■ **SOURCE MATERIAL**:
┌──
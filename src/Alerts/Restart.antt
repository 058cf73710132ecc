-- ===== src/Alerts/Restart.antt =====
-- `LoadThresholds` and `UpdateThreshold` of internal/alerts/alerts.go against the tables.
use monitoring.Base.{
  Option-cases, Float64, place_desc, sort_desc, length, keep, lookup, insert, lookup-insert, Text,
  text_discrete, ℕ, suc, ◌≤◌, ◌≡◌, refl, sym, ap, ◌∙◌, ◌≢◌, inl, inr, ite, Option, none, some, List,
  [], ◌∷◌, arith,
}
use monitoring.Storage.{
  Alert, Tables, Error, ok, err, Env, World, IsReliable, is_open, scan_alerts, by_fired_at,
  active_alerts, get_thresholds, set_threshold,
}
use monitoring.Alerts.Engine.{
  Engine, new_engine, threshold, restore, load_thresholds, update_threshold,
}
use monitoring.Alerts.Sync.{open_ids, at_most_one, InSync}

ids_of : Text → List Alert → List ℕ
ids_of k [] = []
ids_of k (a ∷ rest) = ite (text_discrete a.kind k) (a.id ∷ ids_of k rest) (ids_of k rest)

lookup-restore_absent :
    (k : Text) (found : List Alert) (m : List (Text × ℕ))
    → ids_of k found ≡ []
    → lookup text_discrete k (restore found m) ≡ lookup text_discrete k m
unfolding ids_of restore
lookup-restore_absent k [] m h = refl
lookup-restore_absent k (a ∷ rest) m h = ground (
  arith,
  lookup-restore_absent k rest (insert text_discrete a.kind a.id m),
  lookup-insert text_discrete a.kind k a.id m,
)

lookup-restore_one :
    (k : Text) (id : ℕ) (found : List Alert) (m : List (Text × ℕ))
    → ids_of k found ≡ id ∷ []
    → lookup text_discrete k (restore found m) ≡ some id
unfolding ids_of restore
lookup-restore_one k id [] m h = cc
lookup-restore_one k id (a ∷ rest) m h = ground (
  arith,
  lookup-restore_one k id rest (insert text_discrete a.kind a.id m),
  lookup-restore_absent k rest (insert text_discrete a.kind a.id m),
  lookup-insert text_discrete a.kind k a.id m,
)

ids_of-scan_alerts : (k : Text) (rows : List Alert) → ids_of k (scan_alerts rows) ≡ ids_of k rows
unfolding ids_of
ids_of-scan_alerts k [] = refl
ids_of-scan_alerts k (a ∷ rest) = ground (arith, ids_of-scan_alerts k rest)

ids_of-keep : (k : Text) (rows : List Alert) → ids_of k (keep is_open rows) ≡ open_ids k rows
unfolding ids_of open_ids
ids_of-keep k [] = refl
ids_of-keep k (a ∷ rest) = ground (arith, ids_of-keep k rest)

ids_of-place_other :
    (k : Text) (a : Alert) (rows : List Alert)
    → a.kind ≢ k
    → ids_of k (place_desc by_fired_at a rows) ≡ ids_of k rows
unfolding ids_of place_desc
ids_of-place_other k a [] h = ground arith
ids_of-place_other k a (b ∷ rest) h = ground (arith, ids_of-place_other k a rest h)

ids_of-place_alone :
    (k : Text) (a : Alert) (rows : List Alert)
    → a.kind ≡ k
    → ids_of k rows ≡ []
    → ids_of k (place_desc by_fired_at a rows) ≡ a.id ∷ []
unfolding ids_of place_desc
ids_of-place_alone k a [] h e = ground arith
ids_of-place_alone k a (b ∷ rest) h e = ground (arith, ids_of-place_alone k a rest h)

nil_of_length : (xs : List ℕ) → length xs ≤ 0 → xs ≡ []
nil_of_length [] h = refl
nil_of_length (x ∷ xs) h = absurd (omega arith)

-- The order of the query does not matter to a kind with one row at most.
ids_of-sort_desc :
    (k : Text) (rows : List Alert)
    → length (ids_of k rows) ≤ 1
    → ids_of k (sort_desc by_fired_at rows) ≡ ids_of k rows
unfolding ids_of sort_desc
ids_of-sort_desc k [] h = refl
ids_of-sort_desc k (a ∷ rest) h =
    let sorted = sort_desc by_fired_at rest in
    ground (
      arith,
      ids_of-sort_desc k rest,
      ids_of-place_other k a sorted,
      ids_of-place_alone k a sorted,
      nil_of_length (ids_of k rest),
    )

length-at_most_one : (o : Option ℕ) → length (at_most_one o) ≤ 1
length-at_most_one none = omega arith
length-at_most_one (some id) = omega arith

module _ (env : Env) (reliable : IsReliable env) where
  loaded : World → Engine → Engine
  loaded w e = record e {
    thresholds = w.tables.thresholds;
    active = restore (scan_alerts (sort_desc by_fired_at (keep is_open w.tables.alerts))) e.active;
  }

  load_thresholds-eq :
      (e : Engine) (w : World)
      → load_thresholds env e w ≡ (loaded w e, ok tt, record w { calls = suc (suc w.calls) })
  unfolding load_thresholds get_thresholds active_alerts loaded
  load_thresholds-eq e w = ground (arith, reliable w.calls, reliable (suc w.calls))

  open_rows : World → List Alert
  open_rows w = scan_alerts (sort_desc by_fired_at (keep is_open w.tables.alerts))

  ids_of-open_rows :
      (k : Text) (e : Engine) (w : World)
      → InSync e.active w.tables
      → ids_of k (open_rows w) ≡ at_most_one (lookup text_discrete k e.active)
  unfolding open_rows
  ids_of-open_rows k e w sync =
      let rows = keep is_open w.tables.alerts in
      let agree = ids_of-keep k w.tables.alerts ∙ sync.agree k in
      ids_of-scan_alerts k (sort_desc by_fired_at rows)
      ∙ ids_of-sort_desc k rows (rw agree (length-at_most_one (lookup text_discrete k e.active)))
      ∙ agree

  lookup-restore :
      (k : Text) (e : Engine) (w : World)
      → InSync e.active w.tables
      → lookup text_discrete k (restore (open_rows w) []) ≡ lookup text_discrete k e.active
  unfolding lookup
  lookup-restore k e w sync = elim (Option-cases (lookup text_discrete k e.active)) [
    | inl none_held ↦
        lookup-restore_absent k (open_rows w) []
          (ids_of-open_rows k e w sync ∙ ap at_most_one none_held)
        ∙ sym none_held
    | inr (id, held) ↦
        lookup-restore_one k id (open_rows w) [] (ids_of-open_rows k e w sync ∙ ap at_most_one held)
        ∙ sym held
  ]

  -- If all statements succeed and the map of active alerts agrees with the table, then a new
  -- engine that runs `LoadThresholds` has no error, takes the thresholds of the table, holds the
  -- same alert for every kind as the engine before it, and leaves the tables as they are.
  pub restart :
      (e : Engine) (w : World)
      → InSync e.active w.tables
      → let (e', r, w') = load_thresholds env new_engine w in
        (r ≡ ok tt)
        × (e'.thresholds ≡ w.tables.thresholds)
        × ((k : Text) → lookup text_discrete k e'.active ≡ lookup text_discrete k e.active)
        × (w'.tables ≡ w.tables)
  unfolding loaded new_engine open_rows
  restart e w sync =
      rw (load_thresholds-eq new_engine w) (refl, refl, (λ k. lookup-restore k e w sync), refl)

-- The engine's thresholds are those of the table.
abbrev pub ThresholdsAgree : Engine → Tables → Type 0
ThresholdsAgree e t =
    (k : Text) → lookup text_discrete k e.thresholds ≡ lookup text_discrete k t.thresholds

-- If the engine's thresholds agree with the table's, they agree after `UpdateThreshold`, whether
-- or not its statement fails; where it succeeds, `Threshold` answers the new value for that key
-- and as before for the others; where it fails, the engine and the tables are as before.
pub update_threshold-agree :
    (env : Env) (e : Engine) (key : Text) (value : Float64) (w : World)
    → ThresholdsAgree e w.tables
    → let (e', r, w') = update_threshold env e key value w in
      ThresholdsAgree e' w'.tables
      × ((r ≡ ok tt)
          → (k : Text) (default : Float64)
          → threshold e' k default ≡ ite (text_discrete key k) value (threshold e k default))
      × ((x : Error) → r ≡ err x → (e' ≡ e) × (w'.tables ≡ w.tables))
unfolding update_threshold set_threshold threshold
update_threshold-agree env e key value w agree = elim (Option-cases (env.faults w.calls)) [
  | inl fine ↦ (
    (λ k. ground (
      arith,
      agree k,
      lookup-insert text_discrete key k value e.thresholds,
      lookup-insert text_discrete key k value w.tables.thresholds,
    )),
    (λ done k default. ground (arith, lookup-insert text_discrete key k value e.thresholds)),
    (λ x failed. ground arith),
  )
  | inr (x, fault) ↦ (
    (λ k. ground (arith, agree k)),
    (λ done k default. ground arith),
    (λ y failed. (ground arith, ground arith)),
  )
]
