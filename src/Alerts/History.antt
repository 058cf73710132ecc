-- ===== src/Alerts/History.antt =====
-- Every history of what the program does to the alerts: runs of `Evaluate`, acknowledgements,
-- purges, threshold updates and restarts, over internal/alerts and internal/storage.
use monitoring.Base.{Float64, keep, Text, ℕ, suc, ◌≡◌, refl, ap, not, List, [], ◌∷◌, map, arith}
use monitoring.Storage.{
  ok, Env, World, IsReliable, mark_acknowledged, acknowledge_alert, set_threshold, is_stale, purge,
}
use monitoring.Alerts.Engine.{
  AllMetrics, Engine, new_engine, evaluate, load_thresholds, update_threshold,
}
use monitoring.Alerts.Sync.{InSync, InSync-acknowledge, InSync-purge, InSync-same}
use monitoring.Alerts.Evaluate.{evaluate-InSync}
use monitoring.Alerts.Restart.{restart}

pub data Op : Type 0 where
  evaluates : AllMetrics → Op
  acknowledges : ℕ → Op
  purges : Op
  updates : Text → Float64 → Op
  restarts : Op

-- The engine and the world after an operation, whose answer is not looked at.
unfoldable pub step : Env → Op → Engine → World → Engine × World
step env (evaluates m) e w =
    let (p, _) = evaluate env e m w in (record e { active = p.active }, p.world)
step env (acknowledges id) e w = (e, (acknowledge_alert env id w).1)
step env purges e w = (e, (purge env w).1)
step env (updates key value) e w = let (e', _, w') = update_threshold env e key value w in (e', w')
step env restarts e w = let (e', _, w') = load_thresholds env new_engine w in (e', w')

unfoldable pub run : Env → List Op → Engine → World → Engine × World
run env [] e w = (e, w)
run env (o ∷ os) e w = let (e', w') = step env o e w in run env os e' w'

module _ (env : Env) (reliable : IsReliable env) where
  acknowledge_alert-eq :
      (id : ℕ) (w : World)
      → acknowledge_alert env id w ≡ (
        ok tt,
        record w {
          tables = record w.tables { alerts = map (mark_acknowledged id) w.tables.alerts };
          calls = suc w.calls;
        },
      )
  unfolding acknowledge_alert
  acknowledge_alert-eq id w = ground (arith, reliable w.calls)

  purge-eq :
      (w : World)
      → ((purge env w).1.tables.alerts
          ≡ keep (λ a. not (is_stale (env.clock w.reads) a)) w.tables.alerts)
        × ((purge env w).1.tables.next_alert ≡ w.tables.next_alert)
  unfolding purge
  purge-eq w = ground (
    arith,
    reliable w.calls,
    reliable (suc w.calls),
    reliable (suc (suc w.calls)),
    reliable (suc (suc (suc w.calls))),
  )

  update_threshold-eq :
      (e : Engine) (key : Text) (value : Float64) (w : World)
      → let (e', _, w') = update_threshold env e key value w in
        (e'.active ≡ e.active)
        × (w'.tables.alerts ≡ w.tables.alerts)
        × (w'.tables.next_alert ≡ w.tables.next_alert)
  unfolding update_threshold set_threshold
  update_threshold-eq e key value w = ground (arith, reliable w.calls)

  pub step-InSync :
      (o : Op) (e : Engine) (w : World)
      → InSync e.active w.tables
      → let (e', w') = step env o e w in InSync e'.active w'.tables
  unfolding step
  step-InSync (evaluates m) e w sync = evaluate-InSync env reliable e m w sync
  step-InSync (acknowledges id) e w sync =
      rw (acknowledge_alert-eq id w) (InSync-acknowledge sync id)
  step-InSync purges e w sync =
      let (rows, next) = purge-eq w in
      InSync-same (InSync-purge sync (env.clock w.reads)) e.active (purge env w).1.tables rows next
        (λ k. refl)
  step-InSync (updates key value) e w sync =
      let (e', _, w') = update_threshold env e key value w in
      let (held, rows, next) = update_threshold-eq e key value w in
      InSync-same sync e'.active w'.tables rows next (λ k. rw held)
  step-InSync restarts e w sync =
      let (e', _, w') = load_thresholds env new_engine w in
      let (_, _, held, same) = restart env reliable e w sync in
      InSync-same sync e'.active w'.tables (ap (λ t. t.alerts) same) (ap (λ t. t.next_alert) same)
        held

  -- Take a database whose statements all succeed, and any sequence of runs of `Evaluate`,
  -- acknowledgements, purges, threshold updates and restarts. If at first every kind has at most
  -- one open alert in the table, the map `activeAlerts` holds just those, and the ids lie below
  -- the next one, then so it is at the end.
  pub run-InSync :
      (os : List Op) (e : Engine) (w : World)
      → InSync e.active w.tables
      → let (e', w') = run env os e w in InSync e'.active w'.tables
  unfolding run
  run-InSync [] e w sync = sync
  run-InSync (o ∷ os) e w sync =
      let (e', w') = step env o e w in run-InSync os e' w' (step-InSync o e w sync)
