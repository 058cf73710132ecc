-- ===== src/Alerts/Levels.antt =====
-- `Evaluate` of internal/alerts/alerts.go, check by check, and run a second time.
use mathlib.Core.List.{Memᴰ}
use mathlib.Core.List.Memᴰ
use monitoring.Base.{
  Bool-cases, is_some, of_nat, All, Apart, All-mem, Text, text_discrete, ◌≡◌, refl, sym, ap, subst,
  ◌∙◌, ◌≢◌, inl, inr, ite, if_pos, if_neg, Bool, not, none, List, [], ◌∷◌, arith,
}
use monitoring.Storage.{Env, World, IsReliable}
use monitoring.Alerts.Engine.{
  UrlAlert, AllMetrics, Engine, Check, url_kind, url_check, checks, Progress, evaluate_check,
  evaluate_checks, evaluate,
}
use monitoring.Alerts.Rounds.{level, is_active, Outcome, evaluate_check-Outcome}
use monitoring.Alerts.Evaluate.{expected, evaluate-expected}
use monitoring.Alerts.Kinds.{kind, HasKeys, checks-Apart}

expected-absent :
    (k : Text) (cs : List Check) (was : Bool) → All (λ c. k ≢ kind c) cs → expected k cs was ≡ was
unfolding expected
expected-absent k [] was h = refl
expected-absent k (c ∷ cs) was h = ground (arith, expected-absent k cs was h.1)

ite_same : (k : Text) (x y : Bool) → ite (text_discrete k k) x y ≡ x
ite_same k x y = if_pos _ refl x y

expected-mem :
    {c : Check} (cs : List Check) (was : Bool)
    → Memᴰ c cs
    → Apart kind cs
    → expected c.kind cs was ≡ level c was
unfolding expected
expected-mem [] was m h = elim m [ ]
expected-mem {c} (x ∷ cs) was (Memᴰ.head e) h =
    subst (λ d. expected d.kind (x ∷ cs) was ≡ level d was) (sym e)
      (rw (ite_same x.kind (level x was) was) (expected-absent x.kind cs (level x was) h.0))
expected-mem {c} (x ∷ cs) was (Memᴰ.tail m) h =
    let apart = All-mem (λ y. kind x ≢ kind y) cs m h.0 in
    rw (if_neg _ apart) (expected-mem cs was m h.1)

level-url_check : (u : UrlAlert) (was : Bool) → level (url_check u) was ≡ not u.up
unfolding url_check of_nat
level-url_check u was = elim (Bool-cases u.up) [ inl e ↦ rw e | inr e ↦ rw e ]

-- A check whose kind is where the check wants it.
abbrev IsSettled : Progress → Check → Type 0
IsSettled p c = level c (is_active c.kind p.active) ≡ is_active c.kind p.active

evaluate_check_settled :
    (env : Env) (c : Check) (p : Progress) → IsSettled p c → evaluate_check env c p ≡ (p, none)
evaluate_check_settled env c p settled = elim (evaluate_check-Outcome env c p) [
  | Outcome.stays l r ↦ r
  | Outcome.fires new l r ↦ ground (arith, ap is_some new)
  | Outcome.resolves id old l r ↦ ground (arith, ap is_some old)
]

evaluate_checks_settled :
    (env : Env) (cs : List Check) (p : Progress)
    → All (IsSettled p) cs
    → evaluate_checks env cs p ≡ (p, none)
unfolding evaluate_checks
evaluate_checks_settled env [] p h = refl
evaluate_checks_settled env (c ∷ cs) p h =
    let same = evaluate_check_settled env c p h.0 in
    rw (ap (λ r. r.1) same, evaluate_checks)
      (rw (ap (λ r. r.0) same) (evaluate_checks_settled env cs p h.1))

level_idem : (c : Check) (was : Bool) → level c (level c was) ≡ level c was
level_idem c was = ground arith

-- Every check of a list is settled, if its kind is at its level.
All-IsSettled :
    (p : Progress) (cs ds : List Check)
    → ((c : Check) → Memᴰ c ds → IsSettled p c)
    → ((c : Check) → Memᴰ c cs → Memᴰ c ds)
    → All (IsSettled p) cs
All-IsSettled p [] ds settled sub = tt
All-IsSettled p (c ∷ cs) ds settled sub = (
  settled c (sub c (Memᴰ.head refl)),
  All-IsSettled p cs ds settled (λ d held. sub d (Memᴰ.tail held)),
)

module _ (env : Env) (reliable : IsReliable env) (e : Engine) (m : AllMetrics) (w : World) where
  -- If all statements succeed, no two disks of the metrics share a mount point and no two URLs an
  -- id, then after `Evaluate` the kind of every check is active just if its value is at its
  -- threshold or above; a check whose threshold is not positive leaves its kind as it was.
  pub evaluate-level :
      (c : Check)
      → HasKeys m
      → Memᴰ c (checks e m)
      → is_active c.kind (evaluate env e m w).0.active ≡ level c (is_active c.kind e.active)
  evaluate-level c keys held =
      evaluate-expected env reliable e m w c.kind
      ∙ expected-mem (checks e m) (is_active c.kind e.active) held (checks-Apart e m keys)

  -- If all statements succeed, a kind that no check of a run has, such as that of a disk no
  -- longer mounted or of a URL removed, is after the run as active as before it.
  pub evaluate_unchecked :
      (k : Text)
      → All (λ c. k ≢ kind c) (checks e m)
      → is_active k (evaluate env e m w).0.active ≡ is_active k e.active
  evaluate_unchecked k absent =
      evaluate-expected env reliable e m w k
      ∙ expected-absent k (checks e m) (is_active k e.active) absent

  -- If all statements succeed, no two disks share a mount point and no two URLs an id, then after
  -- `Evaluate` the alert of a URL among the metrics is active just if the URL is down.
  pub evaluate_url :
      (u : UrlAlert)
      → HasKeys m
      → Memᴰ u m.url_stats
      → is_active (url_kind u.id) (evaluate env e m w).0.active ≡ not u.up
  unfolding checks url_check
  evaluate_url u keys held =
      evaluate-level (url_check u) keys
        (Memᴰ.tail (Memᴰ.tail (Memᴰ.tail (Memᴰ.append_right _ (Memᴰ.map url_check held)))))
      ∙ level-url_check u _

  IsSettled-after :
      (c : Check)
      → HasKeys m
      → Memᴰ c (checks e m)
      → IsSettled (record (evaluate env e m w).0 { fired = [] }) c
  IsSettled-after c keys held = rw (evaluate-level c keys held) (level_idem c _)

  -- If all statements succeed, no two disks share a mount point and no two URLs an id, then a
  -- second run of `Evaluate` on the same metrics fires nothing, has no error, and changes neither
  -- the map nor the world.
  pub evaluate_again :
      HasKeys m
      → let p = (evaluate env e m w).0 in
        evaluate env (record e { active = p.active }) m p.world ≡ (record p { fired = [] }, none)
  unfolding evaluate checks
  evaluate_again keys =
      evaluate_checks_settled env (checks e m) (record (evaluate env e m w).0 { fired = [] })
        (All-IsSettled (record (evaluate env e m w).0 { fired = [] }) (checks e m) (checks e m)
          (λ c held. IsSettled-after c keys held) (λ c held. held))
└──
Work through the records line by line, and once you reach the final line, report only how many held "insert".

9